### [TASK ITEM]
Go to the line below containing "(keys_left-children sprintf_b q) e)" and print exactly from there through the line containing "r) (other_order r)", both included. Print nothing else.

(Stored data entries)

================

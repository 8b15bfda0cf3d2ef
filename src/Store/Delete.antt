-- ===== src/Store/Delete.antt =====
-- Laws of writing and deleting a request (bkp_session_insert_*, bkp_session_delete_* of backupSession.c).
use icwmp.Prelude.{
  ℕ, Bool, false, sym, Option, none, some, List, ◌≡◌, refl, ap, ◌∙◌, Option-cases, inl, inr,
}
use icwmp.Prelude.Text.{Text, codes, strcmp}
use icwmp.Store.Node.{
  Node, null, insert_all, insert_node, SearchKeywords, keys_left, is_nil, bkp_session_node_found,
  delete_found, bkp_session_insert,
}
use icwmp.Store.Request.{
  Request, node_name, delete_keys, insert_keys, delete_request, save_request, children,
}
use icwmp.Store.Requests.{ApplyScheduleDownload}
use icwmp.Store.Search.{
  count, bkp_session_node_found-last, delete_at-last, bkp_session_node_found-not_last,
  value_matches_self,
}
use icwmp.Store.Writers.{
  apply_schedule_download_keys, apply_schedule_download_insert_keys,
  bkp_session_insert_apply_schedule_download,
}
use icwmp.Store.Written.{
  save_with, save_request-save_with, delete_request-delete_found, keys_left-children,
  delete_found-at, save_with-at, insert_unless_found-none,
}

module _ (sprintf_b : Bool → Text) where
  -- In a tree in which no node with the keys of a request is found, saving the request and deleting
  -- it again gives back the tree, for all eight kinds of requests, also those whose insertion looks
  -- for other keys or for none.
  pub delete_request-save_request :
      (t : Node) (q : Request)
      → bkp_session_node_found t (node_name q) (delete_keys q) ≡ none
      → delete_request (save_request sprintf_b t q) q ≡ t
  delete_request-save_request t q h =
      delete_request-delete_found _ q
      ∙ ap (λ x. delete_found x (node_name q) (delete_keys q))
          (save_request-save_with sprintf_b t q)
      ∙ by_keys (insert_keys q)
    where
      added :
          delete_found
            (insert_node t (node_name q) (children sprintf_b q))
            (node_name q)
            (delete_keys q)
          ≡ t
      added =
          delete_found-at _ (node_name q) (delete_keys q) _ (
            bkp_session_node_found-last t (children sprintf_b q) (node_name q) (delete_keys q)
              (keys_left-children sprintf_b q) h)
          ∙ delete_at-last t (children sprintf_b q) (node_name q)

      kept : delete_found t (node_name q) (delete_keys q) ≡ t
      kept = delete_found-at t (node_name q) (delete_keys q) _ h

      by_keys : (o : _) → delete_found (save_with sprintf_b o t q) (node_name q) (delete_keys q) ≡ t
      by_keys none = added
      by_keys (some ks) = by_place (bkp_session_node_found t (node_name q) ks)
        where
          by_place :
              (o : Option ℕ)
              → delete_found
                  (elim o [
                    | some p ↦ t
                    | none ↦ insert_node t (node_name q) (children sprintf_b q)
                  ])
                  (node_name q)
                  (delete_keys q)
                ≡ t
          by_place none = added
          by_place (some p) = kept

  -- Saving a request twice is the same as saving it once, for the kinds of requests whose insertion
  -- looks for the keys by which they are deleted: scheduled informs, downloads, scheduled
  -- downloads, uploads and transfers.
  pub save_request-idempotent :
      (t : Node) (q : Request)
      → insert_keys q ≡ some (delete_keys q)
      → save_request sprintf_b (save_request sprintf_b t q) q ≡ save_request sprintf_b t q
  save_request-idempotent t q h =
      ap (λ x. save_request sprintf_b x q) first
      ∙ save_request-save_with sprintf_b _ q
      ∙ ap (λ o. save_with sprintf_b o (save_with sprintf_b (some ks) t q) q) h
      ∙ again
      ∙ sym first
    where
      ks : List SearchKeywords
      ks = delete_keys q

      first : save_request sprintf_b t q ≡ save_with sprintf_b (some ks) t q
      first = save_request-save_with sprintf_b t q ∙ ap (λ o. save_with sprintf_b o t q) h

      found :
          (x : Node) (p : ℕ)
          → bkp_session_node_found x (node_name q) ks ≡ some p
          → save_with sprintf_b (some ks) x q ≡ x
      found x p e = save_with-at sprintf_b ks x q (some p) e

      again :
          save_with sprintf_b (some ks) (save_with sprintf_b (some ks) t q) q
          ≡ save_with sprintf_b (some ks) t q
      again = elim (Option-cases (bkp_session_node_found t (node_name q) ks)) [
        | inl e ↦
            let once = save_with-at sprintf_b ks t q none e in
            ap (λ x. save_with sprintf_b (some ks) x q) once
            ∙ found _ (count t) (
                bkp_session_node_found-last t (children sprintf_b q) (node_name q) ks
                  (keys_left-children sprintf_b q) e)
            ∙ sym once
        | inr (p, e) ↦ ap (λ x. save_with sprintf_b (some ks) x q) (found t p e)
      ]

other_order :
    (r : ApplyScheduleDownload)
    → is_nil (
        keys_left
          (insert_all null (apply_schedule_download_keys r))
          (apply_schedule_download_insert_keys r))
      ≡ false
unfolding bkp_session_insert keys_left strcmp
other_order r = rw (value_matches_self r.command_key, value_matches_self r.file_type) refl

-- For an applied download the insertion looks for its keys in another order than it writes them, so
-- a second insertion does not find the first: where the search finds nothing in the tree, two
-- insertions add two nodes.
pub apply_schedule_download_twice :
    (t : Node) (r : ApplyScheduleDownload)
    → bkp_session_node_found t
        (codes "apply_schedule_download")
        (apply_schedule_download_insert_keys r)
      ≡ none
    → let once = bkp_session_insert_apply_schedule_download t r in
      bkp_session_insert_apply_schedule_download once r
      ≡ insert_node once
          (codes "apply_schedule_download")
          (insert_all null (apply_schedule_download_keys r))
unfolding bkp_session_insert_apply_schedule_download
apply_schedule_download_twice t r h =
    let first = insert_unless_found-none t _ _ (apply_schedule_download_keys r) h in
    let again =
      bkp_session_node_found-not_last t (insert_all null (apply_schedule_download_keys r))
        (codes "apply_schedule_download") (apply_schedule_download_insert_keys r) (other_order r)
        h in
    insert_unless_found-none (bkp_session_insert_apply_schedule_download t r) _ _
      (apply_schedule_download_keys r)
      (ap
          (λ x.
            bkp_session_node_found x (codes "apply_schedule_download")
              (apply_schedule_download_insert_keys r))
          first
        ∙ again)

================

### [WRITTEN SOLUTION]
                  (keys_left-children sprintf_b q) e)
            ∙ sym once
        | inr (p, e) ↦ ap (λ x. save_with sprintf_b (some ks) x q) (found t p e)
      ]

other_order :
    (r : ApplyScheduleDownload)
    → is_nil (
        keys_left
          (insert_all null (apply_schedule_download_keys r))
          (apply_schedule_download_insert_keys r))
      ≡ false
unfolding bkp_session_insert keys_left strcmp
other_order r = rw (value_matches_self r.command_key, value_matches_self r.file_type) refl

-- For an applied download the insertion looks for its keys in another order than it writes them, so
-- a second insertion does not find the first: where the search finds nothing in the tree, two
-- insertions add two nodes.
pub apply_schedule_download_twice :
    (t : Node) (r : ApplyScheduleDownload)
    → bkp_session_node_found t
        (codes "apply_schedule_download")
        (apply_schedule_download_insert_keys r)
      ≡ none
    → let once = bkp_session_insert_apply_schedule_download t r in
      bkp_session_insert_apply_schedule_download once r
      ≡ insert_node once
          (codes "apply_schedule_download")
          (insert_all null (apply_schedule_download_keys r))
unfolding bkp_session_insert_apply_schedule_download
apply_schedule_download_twice t r h =
    let first = insert_unless_found-none t _ _ (apply_schedule_download_keys r) h in
    let again =
      bkp_session_node_found-not_last t (insert_all null (apply_schedule_download_keys r))
        (codes "apply_schedule_download") (apply_schedule_download_insert_keys r) (other_order r)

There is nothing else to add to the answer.